We use regular old sugar cane at my house. Either Dominos or a store brand depending on where I'm shopping at the time. Whether its left on the shelf in the original paper wrapper or transferred to a glass jar, after a long period of time the result is the same: it clumps together. However it's easy to smash when it gets that way and it'll return to its granular salt-like consistency. So, not a problem. Tastes just like the day we bought it.


----------



## Annie

Yavanna said:


> keeping things out of heat here is not an easy task, in summer it is impossible (unless you consider the refrigerator). So my main opinion about the sugar geting "melted" is because of the the temperature. We do not keep more than an extra bag of it at home.
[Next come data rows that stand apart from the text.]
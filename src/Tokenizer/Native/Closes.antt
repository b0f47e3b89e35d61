-- ===== src/Tokenizer/Native/Closes.antt =====
-- The scanner of native blocks (src/StyioParser/Tokenizer.cpp) stops at a closing brace.
use mathlib.Core.Option
use styio.Prelude.{
  ℕ, suc, ◌+◌, ◌-◌, ◌<◌, ◌≡◌, refl, ap, Option, none, some, List, [], ◌∷◌, ◌++◌, length, take, ltb,
  Bool-cases, Option-cases, inl, inr, arith,
}
use styio.Tokenizer.Native.{
  raw_string_end, Mode, normal, line_comment, block_comment, string_literal, char_literal,
  step_plain, step_mode, step_scanner, Scanner, scan_body_end,
}

-- The position `n` of `text` holds the closing brace.
abbrev pub Closes : ℕ → List ℕ → Type 0
Closes n text = (n < length text) × (take (n + 1) text ≡ take n text ++ b'}' ∷ [])

Closes-suc : (c : ℕ) (rest : List ℕ) (m : ℕ) → Closes m rest → Closes (suc m) (c ∷ rest)
Closes-suc c rest m h =
    let step : suc m + 1 ≡ suc (m + 1) = omega arith in (omega arith, rw step (ap (◌∷◌ c) h.1))

step_plain-none : (s : Scanner) (c : ℕ) (rest : List ℕ) → step_plain s c rest ≡ none → c ≡ b'}'
step_plain-none s c rest h = ground arith

step_mode-none :
    (m : Mode) (s : Scanner) (c : ℕ) (rest : List ℕ) → step_mode m s c rest ≡ none → c ≡ b'}'
step_mode-none normal s c rest h = elim (Option-cases (raw_string_end (c ∷ rest))) [
  | inl e ↦ step_plain-none s c rest (rw e at h)
  | inr (n, e) ↦ absurd (cc (rw e at h))
]
step_mode-none line_comment s c rest h = cc
step_mode-none block_comment s c rest h = cc
step_mode-none string_literal s c rest h = cc
step_mode-none char_literal s c rest h = cc

step_scanner-none : (s : Scanner) (c : ℕ) (rest : List ℕ) → step_scanner s c rest ≡ none → c ≡ b'}'
unfolding step_scanner
step_scanner-none s c rest h = step_mode-none s.mode s c rest h

map-suc : (o : Option ℕ) (n : ℕ) → Option.map suc o ≡ some n → (m : ℕ) × (o ≡ some m) × (n ≡ suc m)
map-suc none n h = absurd (cc h)
map-suc (some m) n h = (m, refl, ground arith)

Closes-map :
    (c : ℕ) (rest : List ℕ) (o : Option ℕ) (n : ℕ)
    → ((m : ℕ) → o ≡ some m → Closes m rest)
    → Option.map suc o ≡ some n
    → Closes n (c ∷ rest)
Closes-map c rest o n ih h = let (m, e, k) = map-suc o n h in rw k (Closes-suc c rest m (ih m e))

-- Where the body of a native block ends, its closing brace stands.
pub scan_body_end-Closes :
    (text : List ℕ) (s : Scanner) (n : ℕ) → scan_body_end s text ≡ some n → Closes n text
unfolding scan_body_end
scan_body_end-Closes [] s n h = absurd (ground arith)
scan_body_end-Closes (c ∷ rest) s n h = elim (Bool-cases (ltb 0 s.skip)) [
  | inl jumped ↦
      Closes-map c rest _ n (scan_body_end-Closes rest (record s { skip = s.skip - 1 }))
        (rw (jumped, scan_body_end) at h)
  | inr here ↦ elim (Option-cases (step_scanner s c rest)) [
    | inl e ↦
        let brace = step_scanner-none s c rest e in
        let found : 0 ≡ n = cc (rw (here, e, scan_body_end) at h) in
        rw (← found) (omega arith, ap (λ x. x ∷ []) brace)
    | inr (s', e) ↦
        Closes-map c rest _ n (scan_body_end-Closes rest s') (rw (here, e, scan_body_end) at h)
  ]
]
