-- ===== src/Tokenizer/Rounds.antt =====
-- One round of the tokenizer's loop (src/StyioParser/Tokenizer.cpp): the texts of the tokens that
-- it pushes, one behind the other, are what it moves over, and it moves over at least one byte.
use mathlib.Core.List.{append-nil}
use styio.Prelude.Texts.{same_text}
use styio.Prelude.{
  ℕ, suc, ◌+◌, ◌≤◌, ◌<◌, ◌≡◌, refl, sym, ap, subst, ◌||◌, ◌∙◌, Bool, true, false, not, ◌&&◌, List,
  [], ◌∷◌, ◌++◌, length, take, drop, get_elem?, leb, ◌==◌, if◌then◌else◌, ==_iff, Bool-cases,
  Option-cases, inl, inr, length-drop, take-add, get_elem?_bound, arith,
}
use styio.Prelude.Scan.{
  codes, next_is, starts_with, count_while, find, count_while-le, find_sound, take_stop,
  starts_with-take, starts_with-le,
}
use styio.Unicode.{is_digit, is_identifier_start, is_identifier_continue}
use styio.Token.{
  TokenType, tok_space, tok_lf, tok_cr, tok_lcurbrac, name, tok_undline, integer, decimal, Token,
}
use styio.Tokenizer.{
  Outcome, LexError, ok, lex_error, Pushed, one_token, is_line_end, scan_line_comment,
  scan_block_comment, scan_identifier, scan_number, scan_string, scan_native, scan_lcurbrac,
  scan_operator, scan_switch, scan_round, digit_at,
}
use styio.Tokenizer.Native.{recent_tokens_open_native_extern_body, scanner, scan_body_end}
use styio.Tokenizer.Operators.{
  Lexeme, lexeme, scan_exclam, scan_percent, scan_amp, scan_star, scan_plus, scan_minus, scan_dot,
  scan_slash, scan_colon, scan_langbrac, scan_equal, scan_rangbrac, scan_quest, scan_lboxbrac,
  scan_pipe, scan_tilde,
}
use styio.Tokenizer.Operators.Takes
use styio.Tokenizer.Native.Closes.{scan_body_end-Closes}

-- The texts of the tokens, one behind the other.
abbrev pub spelled : List Token → List ℕ
spelled [] = []
spelled (t ∷ ts) = t.original ++ spelled ts

-- The pushed tokens spell what the position moves over.
pub record Spells (text : List ℕ) (p : Pushed) : Type 0 where
  pub exact : spelled p.0 ≡ take p.1 text
  pub moves : 0 < p.1
  pub fits : p.1 ≤ length text

-- What a round promises: tokens that spell what it moves over, or a lexical error.
pub data Keeps (text : List ℕ) : Outcome Pushed → Type 0 where
  kept : {p : Pushed} → Spells text p → Keeps text (ok p)
  failed : {e : LexError} → Keeps text (lex_error e)

pub one_token-Keeps : (text : List ℕ) (l : Lexeme) → Takes.Takes text l → Keeps text (one_token l)
one_token-Keeps text l t =
    kept (record { exact = append-nil l.literal ∙ t.exact; moves = t.moves; fits = t.fits })

operator-Takes : (c : ℕ) (cs : List ℕ) → Takes.Takes (c ∷ cs) (scan_operator c (c ∷ cs))
unfolding scan_operator
operator-Takes c cs = Takes.at_char c b'!' cs scan_exclam (Takes.scan_exclam-Takes cs) (
    Takes.at_char c b'%' cs scan_percent (Takes.scan_percent-Takes cs) (
      Takes.at_char c b'&' cs scan_amp (Takes.scan_amp-Takes cs) (
        Takes.at_char c b'*' cs scan_star (Takes.scan_star-Takes cs) (
          Takes.at_char c b'+' cs scan_plus (Takes.scan_plus-Takes cs) (
            Takes.at_char c b'-' cs scan_minus (Takes.scan_minus-Takes cs) (
              Takes.at_char c b'.' cs scan_dot (Takes.scan_dot-Takes cs) (
                Takes.at_char c b'/' cs scan_slash (Takes.scan_slash-Takes cs) (
                  Takes.at_char c b':' cs scan_colon (Takes.scan_colon-Takes cs) (
                    Takes.at_char c b'<' cs scan_langbrac (Takes.scan_langbrac-Takes cs) (
                      Takes.at_char c b'=' cs scan_equal (Takes.scan_equal-Takes cs) (
                        Takes.at_char c b'>' cs scan_rangbrac (Takes.scan_rangbrac-Takes cs) (
                          Takes.at_char c b'?' cs scan_quest (Takes.scan_quest-Takes cs) (
                            Takes.at_char c b'[' cs scan_lboxbrac (Takes.scan_lboxbrac-Takes cs) (
                              Takes.at_char c b'|' cs scan_pipe (Takes.scan_pipe-Takes cs) (
                                Takes.at_char c b'~' cs scan_tilde (Takes.scan_tilde-Takes cs)
                                  (Takes.scan_single-Takes c cs))))))))))))))))

line_comment-Takes :
    (text : List ℕ)
    → starts_with text (codes "//") ≡ true
    → Takes.Takes text (scan_line_comment text)
unfolding scan_line_comment
line_comment-Takes text h = record {
  exact =
      let n = count_while (λ c. not (is_line_end c)) (drop 2 text) in
      ap (λ x. x ++ take n (drop 2 text)) (sym (starts_with-take text (codes "//") h))
      ∙ sym (take-add 2 n text);
  moves = omega arith;
  fits =
      let short = count_while-le (λ c. not (is_line_end c)) (drop 2 text) in
      omega (arith, short, length-drop 2 text, starts_with-le text (codes "//") h);
}

block_text :
    (text : List ℕ) (n : ℕ)
    → take 2 text ≡ codes "/*"
    → take 2 (drop n (drop 2 text)) ≡ codes "*/"
    → codes "/*" ++ (take n (drop 2 text) ++ codes "*/") ≡ take (2 + n + 2) text
block_text text n h k =
    let width : 2 + n + 2 ≡ 2 + (n + 2) = omega arith in
    let body = take n (drop 2 text) in
    ap (λ x. x ++ (body ++ codes "*/")) (sym h)
    ∙ ap (λ x. take 2 text ++ (body ++ x)) (sym k)
    ∙ ap (λ x. take 2 text ++ x) (sym (take-add n 2 (drop 2 text)))
    ∙ sym (take-add 2 (n + 2) text)
    ∙ ap (λ w. take w text) (sym width)

block_comment-Keeps :
    (loc : ℕ) (text : List ℕ)
    → starts_with text (codes "/*") ≡ true
    → Keeps text (scan_block_comment loc text)
unfolding scan_block_comment
block_comment-Keeps loc text h = elim (Option-cases (find (drop 2 text) (codes "*/"))) [
  | inl e ↦ rw (e, scan_block_comment) failed
  | inr (n, e) ↦
      let (inside, ends) = find_sound (drop 2 text) (codes "*/") n e in
      rw (e, scan_block_comment)
        (one_token-Keeps text _ (record {
          exact =
              block_text text n (starts_with-take text (codes "/*") h)
                (starts_with-take (drop n (drop 2 text)) (codes "*/") ends);
          moves = omega arith;
          fits = omega (arith, inside, length-drop 2 text, starts_with-le text (codes "/*") h);
        }))
]

prefix-Takes :
    (kind : TokenType) (n : ℕ) (text : List ℕ)
    → 0 < n
    → n ≤ length text
    → Takes.Takes text (lexeme kind (take n text) n)
prefix-Takes kind n text h k = record { exact = refl; moves = h; fits = k }

identifier-Takes : (c : ℕ) (cs : List ℕ) → Takes.Takes (c ∷ cs) (scan_identifier (c ∷ cs))
unfolding scan_identifier
identifier-Takes c cs =
    let n = 1 + count_while is_identifier_continue cs in
    let inside : n ≤ length (c ∷ cs) = omega (arith, count_while-le is_identifier_continue cs) in
    Takes.branch (c ∷ cs) (same_text (take n (c ∷ cs)) (codes "_"))
      (λ _. prefix-Takes tok_undline n (c ∷ cs) (omega arith) inside)
      (λ _. prefix-Takes name n (c ∷ cs) (omega arith) inside)

digit_at-lt : (text : List ℕ) (k : ℕ) → digit_at text k ≡ true → k < length text
digit_at-lt text k h = elim (Option-cases (get_elem? text k)) [
  | inl e ↦ absurd (ground arith)
  | inr (d, e) ↦ get_elem?_bound text k d e
]

number-Takes : (c : ℕ) (cs : List ℕ) → Takes.Takes (c ∷ cs) (scan_number (c ∷ cs))
unfolding scan_number
number-Takes c cs =
    let text : List ℕ = c ∷ cs in
    let n = 1 + count_while is_digit cs in
    let more = count_while is_digit (drop (n + 2) text) in
    let inside : n ≤ length text = omega (arith, count_while-le is_digit cs) in
    Takes.branch text (next_is text n b'.' && digit_at text (n + 1))
      (λ h.
        let digit = digit_at-lt text (n + 1) (ground arith) in
        prefix-Takes decimal (n + 1 + (1 + more)) text (omega arith)
          (omega (arith, count_while-le is_digit (drop (n + 2) text), length-drop (n + 2) text)))
      (λ _. prefix-Takes integer n text (omega arith) inside)

string-Keeps : (loc : ℕ) (cs : List ℕ) → Keeps (b'"' ∷ cs) (scan_string loc (b'"' ∷ cs))
unfolding scan_string
string-Keeps loc cs =
    let n = count_while (λ c. not (c == b'"')) cs in
    elim (Bool-cases (leb (length cs) n)) [
      | inl h ↦ rw h failed
      | inr h ↦
          let inside : n < length cs = ground arith in
          let width : 1 + n + 1 ≡ suc (n + 1) = omega arith in
          rw (h, width)
            (one_token-Keeps (b'"' ∷ cs) _ (record {
              exact = ap (◌∷◌ b'"') (sym (take_stop b'"' cs inside));
              moves = omega arith;
              fits = omega arith;
            }))
    ]

Keeps-if :
    (text : List ℕ) (b : Bool) {x y : Outcome Pushed}
    → (b ≡ true → Keeps text x)
    → (b ≡ false → Keeps text y)
    → Keeps text (if b then x else y)
Keeps-if text true p q = p refl
Keeps-if text false p q = q refl

Keeps-at :
    (c k : ℕ) (cs : List ℕ) (scan : List ℕ → Outcome Pushed)
    → (c == k) ≡ true
    → Keeps (k ∷ cs) (scan (k ∷ cs))
    → Keeps (c ∷ cs) (scan (c ∷ cs))
Keeps-at c k cs scan h p = subst (λ x. Keeps (x ∷ cs) (scan (x ∷ cs))) (sym ((==_iff c k).0 h)) p

native-Keeps : (loc : ℕ) (cs : List ℕ) → Keeps (b'{' ∷ cs) (scan_native loc (b'{' ∷ cs))
unfolding scan_native
native-Keeps loc cs = elim (Option-cases (scan_body_end scanner cs)) [
  | inl e ↦ rw (e, scan_native) failed
  | inr (n, e) ↦
      let (inside, brace) = scan_body_end-Closes cs scanner n e in
      let width : 1 + n + 1 ≡ suc (n + 1) = omega arith in
      rw (e, scan_native)
        (rw width (
          kept (record {
            exact = ap (◌∷◌ b'{') (sym brace);
            moves = omega arith;
            fits = omega arith;
          })))
]

lcurbrac-Keeps :
    (tokens : List Token) (loc : ℕ) (cs : List ℕ)
    → Keeps (b'{' ∷ cs) (scan_lcurbrac tokens loc (b'{' ∷ cs))
lcurbrac-Keeps tokens loc cs =
    unfold scan_lcurbrac in
    (Keeps-if (b'{' ∷ cs) (recent_tokens_open_native_extern_body tokens) (λ _. native-Keeps loc cs)
      (λ _.
        one_token-Keeps _ _ (prefix-Takes tok_lcurbrac 1 (b'{' ∷ cs) (omega arith) (omega arith))))

switch-Keeps :
    (tokens : List Token) (loc c : ℕ) (cs : List ℕ)
    → Keeps (c ∷ cs) (scan_switch tokens loc c (c ∷ cs))
unfolding scan_switch
switch-Keeps tokens loc c cs =
    Keeps-if (c ∷ cs) (c == b'"')
      (λ h. Keeps-at c b'"' cs (scan_string loc) h (string-Keeps loc cs))
      (λ _.
        Keeps-if (c ∷ cs) (c == b'{')
          (λ h. Keeps-at c b'{' cs (scan_lcurbrac tokens loc) h (lcurbrac-Keeps tokens loc cs))
          (λ _. one_token-Keeps (c ∷ cs) _ (operator-Takes c cs)))

char-Keeps :
    (kind : TokenType) (c k : ℕ) (cs : List ℕ)
    → (c == k) ≡ true
    → Keeps (c ∷ cs) (one_token (lexeme kind (k ∷ []) 1))
char-Keeps kind c k cs h = kept (record {
  exact = ap (λ x. x ∷ []) (sym ((==_iff c k).0 h));
  moves = omega arith;
  fits = omega arith;
})

pub round-Keeps :
    (tokens : List Token) (loc c : ℕ) (cs : List ℕ)
    → Keeps (c ∷ cs) (scan_round tokens loc c (c ∷ cs))
unfolding scan_round
round-Keeps tokens loc c cs =
    let text : List ℕ = c ∷ cs in
    Keeps-if text (c == b' ' || (c == 9 || (c == 11 || c == 12)))
      (λ _. one_token-Keeps _ _ (prefix-Takes tok_space 1 text (omega arith) (omega arith)))
      (λ _. Keeps-if text (c == b'\n') (char-Keeps tok_lf c b'\n' cs) (λ _.
        Keeps-if text (c == b'\r') (char-Keeps tok_cr c b'\r' cs) (λ _.
          Keeps-if text (starts_with text (codes "//"))
            (λ h. one_token-Keeps text _ (line_comment-Takes text h))
            (λ _. Keeps-if text (starts_with text (codes "/*")) (block_comment-Keeps loc text) (λ _.
              Keeps-if text (is_identifier_start c)
                (λ _. one_token-Keeps text _ (identifier-Takes c cs))
                (λ _.
                  Keeps-if text (is_digit c) (λ _. one_token-Keeps text _ (number-Takes c cs))
                    (λ _. switch-Keeps tokens loc c cs)))))))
You're prolly better off using honey.


----------



## Mad Trapper

Yavanna said:


> keeping things out of heat here is not an easy task, in summer it is impossible (unless you consider the refrigerator). So my main opinion about the sugar geting "melted" is because of the the temperature. We do not keep more than an extra bag of it at home.


Sugar does not melt, but decomposes at a temperature of 186 oC, nearly twice the b.p. of water. The products are a complex mixture commonly called "caramel"
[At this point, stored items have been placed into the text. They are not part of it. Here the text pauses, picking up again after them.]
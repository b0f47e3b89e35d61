-- ===== src/Tokenizer/Lossless.antt =====
-- The tokenizer of src/StyioParser/Tokenizer.cpp loses nothing and always ends: the texts of the
-- tokens, one behind the other, are the source.
use mathlib.Core.List.{append-nil, append_assoc, reverse-append}
use styio.Prelude.{
  ℕ, zero, suc, ◌+◌, ◌≤◌, ◌≡◌, refl, sym, ap, ◌∙◌, List, [], ◌∷◌, ◌++◌, length, take, drop, reverse,
  length-drop, take-append-drop, arith,
}
use styio.Token.{tok_eof, Token, token}
use styio.Tokenizer.{
  Outcome, LexError, ok, lex_error, out_of_fuel, Pushed, scan_round, push_all, tokenize_from,
  tokenize,
}
use styio.Tokenizer.Rounds.{spelled, Spells, Keeps, kept, failed, round-Keeps}

-- The source's text, from tokens held with the last one first.
abbrev spelled_back : List Token → List ℕ
spelled_back [] = []
spelled_back (t ∷ ts) = spelled_back ts ++ t.original

spelled-append : (ts us : List Token) → spelled (ts ++ us) ≡ spelled ts ++ spelled us
spelled-append [] us = refl
spelled-append (t ∷ ts) us =
    ap (λ x. t.original ++ x) (spelled-append ts us)
    ∙ sym (append_assoc t.original (spelled ts) (spelled us))

spelled-reverse : (ts : List Token) → spelled (reverse ts) ≡ spelled_back ts
spelled-reverse [] = refl
spelled-reverse (t ∷ ts) =
    ap spelled (reverse-append (t ∷ []) ts)
    ∙ spelled-append (reverse ts) (t ∷ [])
    ∙ ap (λ x. x ++ (t.original ++ [])) (spelled-reverse ts)
    ∙ ap (λ x. spelled_back ts ++ x) (append-nil t.original)

spelled_back-push_all :
    (tokens ts : List Token) → spelled_back (push_all tokens ts) ≡ spelled_back tokens ++ spelled ts
spelled_back-push_all tokens [] = sym (append-nil (spelled_back tokens))
spelled_back-push_all tokens (t ∷ ts) =
    spelled_back-push_all (t ∷ tokens) ts
    ∙ append_assoc (spelled_back tokens) t.original (spelled ts)

-- The source `code` was read into tokens that spell it, or refused.
pub data Lossless (code : List ℕ) : Outcome (List Token) → Type 0 where
  lossless : {ts : List Token} → spelled ts ≡ code → Lossless code (ok ts)
  refused : {e : LexError} → Lossless code (lex_error e)

Lossless-eq :
    {code code' : List ℕ} {o : Outcome (List Token)}
    → code ≡ code'
    → Lossless code o
    → Lossless code' o
Lossless-eq e (lossless h) = lossless (h ∙ e)
Lossless-eq e refused = refused

abbrev pub after : ℕ → List Token → ℕ → List ℕ → Outcome Pushed → Outcome (List Token)
after fuel tokens loc text (ok p) =
    tokenize_from fuel (push_all tokens p.0) (loc + p.1) (drop p.1 text)
after fuel tokens loc text (lex_error e) = lex_error e
after fuel tokens loc text out_of_fuel = out_of_fuel

pub tokenize_from-suc :
    (fuel : ℕ) (tokens : List Token) (loc c : ℕ) (cs : List ℕ)
    → tokenize_from (suc fuel) tokens loc (c ∷ cs)
      ≡ after fuel tokens loc (c ∷ cs) (scan_round tokens loc c (c ∷ cs))
unfolding tokenize_from
tokenize_from-suc fuel tokens loc c cs = cases (scan_round tokens loc c (c ∷ cs)) refl
  where
    cases :
        (r : Outcome Pushed)
        → scan_round tokens loc c (c ∷ cs) ≡ r
        → tokenize_from (suc fuel) tokens loc (c ∷ cs) ≡ after fuel tokens loc (c ∷ cs) r
    cases (ok p) e = rw (e, tokenize_from) refl
    cases (lex_error x) e = rw (e, tokenize_from) refl
    cases out_of_fuel e = rw (e, tokenize_from) refl

-- What was spelled before a round and in it, and what is left behind it.
rejoin :
    (tokens : List Token) (text : List ℕ) (p : Pushed)
    → Spells text p
    → spelled_back (push_all tokens p.0) ++ drop p.1 text ≡ spelled_back tokens ++ text
rejoin tokens text p s =
    ap (λ x. x ++ drop p.1 text)
      (spelled_back-push_all tokens p.0 ∙ ap (λ x. spelled_back tokens ++ x) s.exact)
    ∙ append_assoc (spelled_back tokens) (take p.1 text) (drop p.1 text)
    ∙ ap (λ x. spelled_back tokens ++ x) (take-append-drop p.1 text)

after-Lossless :
    (fuel : ℕ) (tokens : List Token) (loc : ℕ) (text : List ℕ) {r : Outcome Pushed}
    → ((p : Pushed)
        → Spells text p
        → Lossless
            (spelled_back (push_all tokens p.0) ++ drop p.1 text)
            (tokenize_from fuel (push_all tokens p.0) (loc + p.1) (drop p.1 text)))
    → Keeps text r
    → Lossless (spelled_back tokens ++ text) (after fuel tokens loc text r)
after-Lossless fuel tokens loc text ih (kept {p} s) = Lossless-eq (rejoin tokens text p s) (ih p s)
after-Lossless fuel tokens loc text ih failed = refused

from-Lossless :
    (fuel : ℕ) (tokens : List Token) (loc : ℕ) (text : List ℕ)
    → length text ≤ fuel
    → Lossless (spelled_back tokens ++ text) (tokenize_from fuel tokens loc text)
from-Lossless fuel tokens loc [] h =
    unfold tokenize_from in (lossless (spelled-reverse (token tok_eof [] ∷ tokens)))
from-Lossless zero tokens loc (c ∷ cs) h = absurd (omega arith)
from-Lossless (suc fuel) tokens loc (c ∷ cs) h = rw (tokenize_from-suc fuel tokens loc c cs) (
    after-Lossless fuel tokens loc (c ∷ cs)
      (λ p s.
        from-Lossless fuel (push_all tokens p.0) (loc + p.1) (drop p.1 (c ∷ cs))
          (omega (arith, length-drop p.1 (c ∷ cs), s.moves)))
      (round-Keeps tokens loc c cs))

-- Every source is read into tokens whose texts, one behind the other, are the source, or it is
-- refused by a lexical error: the loop always ends.
pub tokenize-Lossless : (code : List ℕ) → Lossless code (tokenize code)
unfolding tokenize
tokenize-Lossless code = from-Lossless (length code) [] 0 code (omega arith)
I suspect the humidity, in Brazil, introduces water and the "melting" you observe is actually the sugar/sucrose dissolving. It is soluble with water at a 2:1 ratio (w:w). This also causes pure sugar to fuse into amorphous solids from fine crystalline granules with small amounts of water.

Try keeping it well sealed and only open the large container to fill the smaller dispensing ones.

This is true of many moisture sensitive things........


----------



## Yavanna

I does not "melt" in the bag, but I have no better word for it. The sugar here is sold in sealed plastic bags, and you can keep it in the original bag or transfer it to another container, it goes bad either way. 
Flour is sold in paper bags and it does not goes bad, even after a long time. Same goes with other things like past. Powdered chocolate does not go bad either. Just sugar gets bad after a year or so. Other itens last much longer.
Humidity is not so high most of the year around here, in fact, a big part of the country has very low air humidity levels (<40%, even dropping as low as 15%) for a good part of year. Maybe I could try to store some darker sugar (such as demerara sugar) to see if it lasts better.


----------



## jimb1972

Annie said:


> We use regular old sugar cane at my house. Either Dominos or a store brand depending on where I'm shopping at the time. Whether its left on the shelf in the original paper wrapper or transferred to a glass jar, after a long period of time the result is the same: it clumps together. However it's easy to smash when it gets that way and it'll return to its granular salt-like consistency. So, not a problem. Tastes just like the day we bought it.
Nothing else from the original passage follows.